====== Study material ======
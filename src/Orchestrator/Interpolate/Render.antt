-- ===== src/Orchestrator/Interpolate/Render.antt =====
-- Which texts `expand` gives for a text that is written from plain parts and references.
use Prim.Native.String.{◌++◌ as str_append}
use Prim.Native.String.append.{nil, cons}
use Prim.Native.Char.{Char, code}
use text.Mathlib.TextLemmas.{append_assoc}
use mathlib.Core.Bool.{true≢false}
use event_driven_tests_ai.Common.{
  eq_iff, ℕ, suc, String, List, [], ◌∷◌, ◌==◌, ◌&&◌, not, arith, ◌≡◌, ◌≢◌, refl, ap, sym, ◌∙◌,
  string_comparable, nat_comparable, Bool, true, false, some, Bool-cases, inl, inr,
}
use event_driven_tests_ai.Common.Dict.{Dict}
use event_driven_tests_ai.Orchestrator.{Payloads}
use event_driven_tests_ai.Orchestrator.Interpolate.{
  text_length, braced, brace_name, shell_name, expand_from, has_reference, literal, resolve, expand,
}

pub data Part : Type 0 where
  plain : String → Part
  reference : String → Part

abbrev pub written : Part → String
written (plain t) = t
written (reference name) = literal name

abbrev pub render : List Part → String
render [] = ""
render (p ∷ ps) = str_append (written p) (render ps)

-- The text with each reference replaced.
abbrev pub meaning : (String → String) → List Part → String
meaning f [] = ""
meaning f (plain t ∷ ps) = str_append t (meaning f ps)
meaning f (reference name ∷ ps) = str_append (f name) (meaning f ps)

abbrev pub lacks : ℕ → String → Bool
lacks n String.[] = true
lacks n (String.◌∷◌ c s) = not (code c == n) && lacks n s

-- A plain part has no dollar; a reference has a name, without a brace that closes.
abbrev pub IsPart : Part → Type 0
IsPart (plain t) = lacks b'$' t ≡ true
IsPart (reference name) = (name ≢ "") × (lacks b'}' name ≡ true)

abbrev pub AreParts : List Part → Type 0
AreParts [] = Unit
AreParts (p ∷ ps) = IsPart p × AreParts ps

module _ (f : String → String) where
  expand_from-plain :
      (t r : String)
      → lacks b'$' t ≡ true
      → expand_from f 0 (str_append t r) ≡ str_append t (expand_from f 0 r)
  unfolding expand_from
  expand_from-plain String.[] r h = rw (nil r, nil (expand_from f 0 r))
  expand_from-plain (String.◌∷◌ c t) r h =
      let e : (code c == b'$') ≡ false = ground arith in
      let k : lacks b'$' t ≡ true = ground arith in
      rw (cons c t r, cons c t (expand_from f 0 r), e)
        (ap (λ u. String.◌∷◌ c u) (expand_from-plain t r k))

  expand_from-skip :
      (n : String) (c : Char) (r : String)
      → expand_from f (suc (text_length n)) (str_append n (String.◌∷◌ c r)) ≡ expand_from f 0 r
  unfolding expand_from
  expand_from-skip String.[] c r = rw (nil (String.◌∷◌ c r))
  expand_from-skip (String.◌∷◌ d n) c r = rw (cons d n (String.◌∷◌ c r)) (expand_from-skip n c r)

pub close : (r : String) → str_append "}" r ≡ String.◌∷◌ "}" r
close r = cons "}" "" r ∙ ap (λ u. String.◌∷◌ "}" u) (nil r)

pub open_brace :
    (n r : String)
    → str_append (literal n) r ≡ String.◌∷◌ "$" (String.◌∷◌ "{" (str_append n (String.◌∷◌ "}" r)))
open_brace n r =
    cons "$" _ r
    ∙ ap (λ u. String.◌∷◌ "$" u)
        (cons "{" _ r
          ∙ ap (λ u. String.◌∷◌ "{" u) (append_assoc n "}" r ∙ ap (str_append n) (close r)))

pub brace_name-append :
    (n r : String) → lacks b'}' n ≡ true → brace_name (str_append n (String.◌∷◌ "}" r)) ≡ some n
unfolding brace_name
brace_name-append String.[] r h = rw (nil (String.◌∷◌ "}" r))
brace_name-append (String.◌∷◌ c n) r h =
    let e : (code c == b'}') ≡ false = ground arith in
    let k : lacks b'}' n ≡ true = ground arith in
    rw (cons c n (String.◌∷◌ "}" r), e, brace_name-append n r k)

has_reference-append :
    (t r : String) → has_reference (str_append t r) ≡ false → has_reference r ≡ false
unfolding has_reference
has_reference-append String.[] r h = rw (nil r) at h
has_reference-append (String.◌∷◌ c t) r h =
    let k : has_reference (String.◌∷◌ c (str_append t r)) ≡ false = rw (cons c t r) at h in
    has_reference-append t r (ground (arith, k))

not_empty : (n : String) → n ≢ "" → (n == "") ≡ false
not_empty n h = ground (arith, h, eq_iff n "")

braced-some : (n : String) → n ≢ "" → braced (some n) ≡ (n, suc (suc (text_length n)))
braced-some n h = rw (not_empty n h)

module _ (f : String → String) where
  expand_from-reference :
      (n r : String)
      → n ≢ ""
      → lacks b'}' n ≡ true
      → expand_from f 0 (str_append (literal n) r) ≡ str_append (f n) (expand_from f 0 r)
  unfolding expand_from shell_name
  expand_from-reference n r h k =
      rw (open_brace n r, brace_name-append n r k, braced-some n h, not_empty n h)
        (ap (str_append (f n)) (expand_from-skip f n "}" r))

  pub expand_from-render :
      (ps : List Part) → AreParts ps → expand_from f 0 (render ps) ≡ meaning f ps
  expand_from-render [] h = unfold expand_from in refl
  expand_from-render (plain t ∷ ps) h =
      expand_from-plain f t (render ps) h.0 ∙ ap (str_append t) (expand_from-render ps h.1)
  expand_from-render (reference n ∷ ps) h =
      expand_from-reference n (render ps) h.0.0 h.0.1
      ∙ ap (str_append (f n)) (expand_from-render ps h.1)

  -- With no reference among the parts there is nothing to replace.
  meaning-no_reference :
      (ps : List Part) → has_reference (render ps) ≡ false → meaning f ps ≡ render ps
  unfolding has_reference
  meaning-no_reference [] h = refl
  meaning-no_reference (plain t ∷ ps) h =
      ap (str_append t) (meaning-no_reference ps (has_reference-append t (render ps) h))
  meaning-no_reference (reference n ∷ ps) h =
      let k : has_reference
            (String.◌∷◌ "$" (String.◌∷◌ "{" (str_append n (String.◌∷◌ "}" (render ps)))))
          ≡ false =
        rw (open_brace n (render ps)) at h in
      elim (true≢false k) [ ]

module _ {P : Type 0} (payloads : Payloads P) (show : P → String)
    (run previous : Dict String P) where
  -- In a text that is written from plain parts with no dollar and references `${name}`, the plain
  -- parts stay and each reference is replaced: by the value at its path, if its first word is run or
  -- previous and there is one, and else by itself.
  pub expand-render :
      (ps : List Part)
      → AreParts ps
      → expand payloads show run previous (render ps)
        ≡ meaning (resolve payloads show run previous) ps
  unfolding expand
  expand-render ps h = elim (Bool-cases (has_reference (render ps))) [
    | inl there ↦ rw there (expand_from-render (resolve payloads show run previous) ps h)
    | inr absent ↦
        rw absent (sym (meaning-no_reference (resolve payloads show run previous) ps absent))
  ]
======
▸ Brief: Using the records above, filter out every line that lacks the string "references" and copy the rest.

▸ Output for this exercise:
-- Which texts `expand` gives for a text that is written from plain parts and references.
  -- In a text that is written from plain parts with no dollar and references `${name}`, the plain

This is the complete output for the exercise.